Chris, these complexities hurt at such a deep level. Neglect or overprotection by a parent creates scar tissue that lasts a lifetime. Your care and concern and respect for your husband is well placed and you share his burden with good sense. Yes, the questions touch into a deep place and your answer is not long. It appears you read the situation well and make a difference in your husband's life.

Growing up in a mentally healthy environment can be a rare thing, and replacing the dysfunction with well thought out remedies and caring action helps to bring about a better future.

Thank you for your honesty, and for your great heart. We all benefit by having people around us such as yourself. Know that you are not alone, and that we support you in any way we can.

OK! Now on to the tasks at hand.

 

Comment by Plinius on June 21, 2014 at 11:10am

Deep question, Joan! My husband is the elder brother, and like the eldest, he feels responsible. Mother-in-law loved children but couldn't handle them at all: she neglected the first one, overprotected the second one (the Asperger), and lost the third one when he went to play on the railroad tracks with friends - 4 years old. I think the family survived rather than lived after that.    I have a deep respect for my husband that he never abandoned his family even when they hurt him, and I encouraged him to grow and get strong and confident. I fully understand that he saw no other possibility to handle the family situation. The last one of his family is b-i-l, and it's impossible to change that one.

A deep question, and perhaps a longer answer than you wanted.

Comment by Joan Denoo on June 21, 2014 at 10:36am

How does your husband handle the disrespect from his brother? Ouch! that must hurt! Is your husband younger than his brother and was he disrespected as they grew into adulthood?

Comment by Plinius on June 21, 2014 at 10:29am

Yes - you can choose your partner and the in-laws are extra. B-i-l can't help that he doesn't understand love, empathy, sympathy and respect, but I keep wondering why he always watches old sentimental children's series...

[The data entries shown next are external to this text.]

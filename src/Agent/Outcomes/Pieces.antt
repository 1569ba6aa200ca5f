-- ===== src/Agent/Outcomes/Pieces.antt =====
-- The invariant through the head of a round, the model's reply and a streamed answer.
use ai_platform_mini.Prelude.{
  ℕ, suc, ◌≤◌, ◌≡◌, refl, Bool, true, Option, none, some, List, [], ◌∷◌, length, length-append,
  Text, arith, Bool-cases, inl, inr,
}
use ai_platform_mini.Agent.Models.{StopReason, AgentDecision, ToolResult}
use ai_platform_mini.Agent.Events.{Run, append_event}
use ai_platform_mini.Agent.Checks.{Wait, is_empty, check_stop, await_controlled, validate_decision}
use ai_platform_mini.Agent.Log.{Log, append_event-Log}
use ai_platform_mini.Agent.Loop.Setting.{
  unless_stopped, World, Options, effective_deadline, Chunk, chunk, invalid, Flow, stop_run,
}
use ai_platform_mini.Agent.Loop.Turn.{
  over_budget, spent_budget, head, log_decision, unless_invalid, use_tokens, within_budget, accept,
}
use ai_platform_mini.Agent.Loop.Turn.Answer.{add_step, close_step, consume, on_chunk}
use ai_platform_mini.Agent.Outcomes.{
  IsRunning, Ensures, Ensures-bind, interrupts, await_controlled-Interrupts, check_stop-interrupts,
  append_event-IsRunning, finish-IsSound, running_finish, stop_for_sound, on_error_sound,
  value_or_end-Ensures,
}

module _ (w : World) (o : Options) (bound k : ℕ) (room : suc k ≤ bound) where
  pub few : k ≤ bound
  few = omega arith

  pub unless_stopped-Ensures {ℓ} :
      {A : Type ℓ} (P : A → Type 0) (r : Run) (deadline : Option ℕ) (cancel : Bool) (now : ℕ)
      (m : Flow A)
      → IsRunning o k r
      → Ensures o bound P m
      → Ensures o bound P (unless_stopped w.clock r (check_stop deadline cancel now) m)
  unless_stopped-Ensures {A} P r deadline cancel now m i h =
      by_check (check_stop deadline cancel now) (check_stop-interrupts deadline cancel now)
    where
      by_check :
          (c : Option StopReason)
          → ((reason : StopReason) → c ≡ some reason → interrupts reason ≡ true)
          → Ensures o bound P (unless_stopped w.clock r c m)
      by_check (some reason) e = stop_for_sound w.clock o bound k few r i reason (e reason refl)
      by_check none e = h

  pub head-Ensures :
      (step : ℕ) (r : Run) → IsRunning o k r → Ensures o bound (IsRunning o k) (head w o step r)
  unfolding head stop_run
  head-Ensures step r i =
      unless_stopped-Ensures (IsRunning o k) r (effective_deadline w o) (w.cancel_set step 0)
        (w.loop_time step 0) _ i
        (elim (Bool-cases (spent_budget o.token_budget r.state.token_usage)) [
          | inl spent ↦ rw spent (running_finish w.clock o bound k few r i _ _ none none refl)
          | inr left ↦ rw left (append_event-IsRunning w.clock o bound k r _ refl i)
        ])

  pub close_step-Log :
      (step : ℕ) (d : AgentDecision) (results : List ToolResult) (r : Run)
      → Log r.events
      → Log (close_step w step d results r).events
  unfolding close_step add_step
  close_step-Log step d results r l = append_event-Log w.clock (add_step step d results r) _ l refl

  pub length-close_step :
      (step : ℕ) (d : AgentDecision) (results : List ToolResult) (r : Run)
      → length (close_step w step d results r).state.steps ≡ suc (length r.state.steps)
  unfolding close_step add_step append_event
  length-close_step step d results r = omega (
    arith,
    length-append r.state.steps
        (record { index = step; decision = d; tool_results = results } ∷ []),
  )

  pub close_step-IsRunning :
      (step : ℕ) (d : AgentDecision) (results : List ToolResult) (r : Run)
      → IsRunning o k r
      → IsRunning o (suc k) (close_step w step d results r)
  close_step-IsRunning step d results r i = record {
    log = close_step-Log step d results r i.log;
    steps = omega (arith, i.steps, length-close_step step d results r);
    within = (unfold close_step add_step append_event in i.within);
  }

  -- The model's reply is valid, or the run fails; its usage is within the budget, or the run stops.
  within_budget-Ensures :
      (step : ℕ) (d : AgentDecision) (r : Run)
      → Log r.events
      → length r.state.steps ≡ k
      → Ensures o bound (IsRunning o k) (within_budget w o step d r)
  unfolding within_budget stop_run
  within_budget-Ensures step d r l s =
      elim (Bool-cases (over_budget o.token_budget r.state.token_usage)) [
        | inl over ↦ rw over (
            finish-IsSound w.clock o bound (close_step w step d [] r) _ _ none none
              (close_step-Log step d [] r l) (omega (arith, s, length-close_step step d [] r))
              (λ _. refl) refl)
        | inr left ↦ rw left (record { log = l; steps = s; within = left })
      ]

  pub accept-Ensures :
      (step : ℕ) (d : AgentDecision) (r : Run)
      → IsRunning o k r
      → Ensures o bound (IsRunning o k) (accept w o step d r)
  unfolding accept stop_run
  accept-Ensures step d r i = by_fault (validate_decision d)
    where
      logged : IsRunning o k (log_decision w o step d r)
      logged = unfold log_decision in append_event-IsRunning w.clock o bound k r _ refl i

      by_fault :
          (fault : Option Text)
          → Ensures o bound (IsRunning o k) (
              unless_invalid w o
                (log_decision w o step d r)
                fault
                (within_budget w o step d (use_tokens w o d (log_decision w o step d r))))
      by_fault (some e) = running_finish w.clock o bound k few _ logged _ _ none (some e) refl
      by_fault none = within_budget-Ensures step d _ logged.log logged.steps

  pub consume-Ensures :
      (step : ℕ) (chunks : List (Wait Chunk)) (r : Run) (parts : Option Text)
      → IsRunning o k r
      → Ensures o bound (λ x. IsRunning o k x.0) (consume w step chunks r parts)
  unfolding consume
  consume-Ensures step [] r none i = on_error_sound w.clock o bound k few r i _
  consume-Ensures step [] r (some text) i = i
  consume-Ensures step (c ∷ cs) r parts i =
      Ensures-bind o bound (λ v. Unit) (λ x. IsRunning o k x.0) _ _
        (value_or_end-Ensures w.clock o bound k few r i (await_controlled c)
          (await_controlled-Interrupts c))
        (λ v _. on_chunk-Ensures v (consume-Ensures step cs))
    where
      on_chunk-Ensures :
          (v : Chunk)
          → ((r' : Run) (p : Option Text)
              → IsRunning o k r'
              → Ensures o bound (λ x. IsRunning o k x.0) (consume w step cs r' p))
          → Ensures o bound (λ x. IsRunning o k x.0) (on_chunk w step r parts (consume w step cs) v)
      on_chunk-Ensures invalid rest = on_error_sound w.clock o bound k few r i _
      on_chunk-Ensures (chunk text) rest = elim (Bool-cases (is_empty text)) [
        | inl blank ↦ rw blank (rest r parts i)
        | inr some_text ↦
            rw some_text (rest _ _ (append_event-IsRunning w.clock o bound k r _ refl i))
      ]
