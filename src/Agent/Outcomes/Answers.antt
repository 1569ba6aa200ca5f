-- ===== src/Agent/Outcomes/Answers.antt =====
-- The invariant through a round that answers.
use ai_platform_mini.Prelude.{ℕ, suc, ◌≤◌, refl, Option, none, some, List, [], Text, if_both}
use ai_platform_mini.Agent.Models.{AgentDecision}
use ai_platform_mini.Agent.Events.{Run}
use ai_platform_mini.Agent.Checks.{Wait}
use ai_platform_mini.Agent.Loop.Setting.{World, Options, Chunk, Flow, go, halt}
use ai_platform_mini.Agent.Loop.Turn.Answer.{
  say, end_of, conclude, answer_turn, consume_answer_stream, open_stream,
}
use ai_platform_mini.Agent.Outcomes.{
  IsRunning, EndsSound, Ensures, append_event-IsRunning, running_finish, on_error_sound,
}
use ai_platform_mini.Agent.Outcomes.Pieces.{few, close_step-IsRunning, consume-Ensures}

module _ (w : World) (o : Options) (bound k : ℕ) (room : suc k ≤ bound) where
  say-IsRunning :
      (step : ℕ) (answer : Text) (r : Run) → IsRunning o k r → IsRunning o k (say w o step answer r)
  say-IsRunning step answer r i =
      let said : IsRunning o k (record r { state = record r.state { messages = _ } }) = record {
        log = i.log;
        steps = i.steps;
        within = i.within;
      } in
      if_both (IsRunning o k) o.stream_answer _ _ said
        (append_event-IsRunning w.clock o bound k _ _ refl said)

  stream-Ensures :
      (step : ℕ) (r : Run)
      → IsRunning o k r
      → Ensures o bound (λ x. IsRunning o k x.0) (consume_answer_stream w step r)
  unfolding consume_answer_stream
  stream-Ensures step r i = by_stream (w.stream r.state)
    where
      by_stream :
          (s : Option (List (Wait Chunk)))
          → Ensures o bound (λ x. IsRunning o k x.0) (open_stream w step r s)
      by_stream none = on_error_sound w.clock o bound k (few w o bound k room) r i _
      by_stream (some chunks) = consume-Ensures w o bound k room step chunks r none i

  pub answer_turn_sound :
      (step : ℕ) (d : AgentDecision) (answer : Text) (r : Run)
      → IsRunning o k r
      → EndsSound o bound (answer_turn w o step d answer r)
  unfolding answer_turn conclude
  answer_turn_sound step d answer r i =
      if_both (λ m. EndsSound o bound (end_of w o (conclude w o step d) m)) o.stream_answer
        (consume_answer_stream w step r) (go (r, answer))
        (by_flow (consume_answer_stream w step r) (stream-Ensures step r i)) (concluded r answer i)
    where
      concluded :
          (r' : Run) (a : Text) → IsRunning o k r' → EndsSound o bound (conclude w o step d (r', a))
      concluded r' a i' =
          running_finish w.clock o bound (suc k) room _
            (close_step-IsRunning w o bound k room step d [] _ (say-IsRunning step a r' i')) _ _
            (some a) none refl

      by_flow :
          (m : Flow (Run × Text))
          → Ensures o bound (λ x. IsRunning o k x.0) m
          → EndsSound o bound (end_of w o (conclude w o step d) m)
      by_flow (go (r', a)) h = concluded r' a h
      by_flow (halt e) h = h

Comment by Joan Denoo on June 21, 2014 at 10:02am

Is b-i-l your husband's brother? 

Comment by Plinius on June 21, 2014 at 2:12am

Oh, then my husband would struggle on on his own. I see what it does to us, to be treated without respect or sympathy, like a thing without feeling. We get orders from the patient, but never thanks. I've known b-i-l for 37 years now; if we don't see him very often all goes well, but all that changed when he got that accident. We just have to work on for two months longer and then I'm going to ration the contact again. You can say that b-i-l is a patient, and that is true, but there's a limit to what I can handle.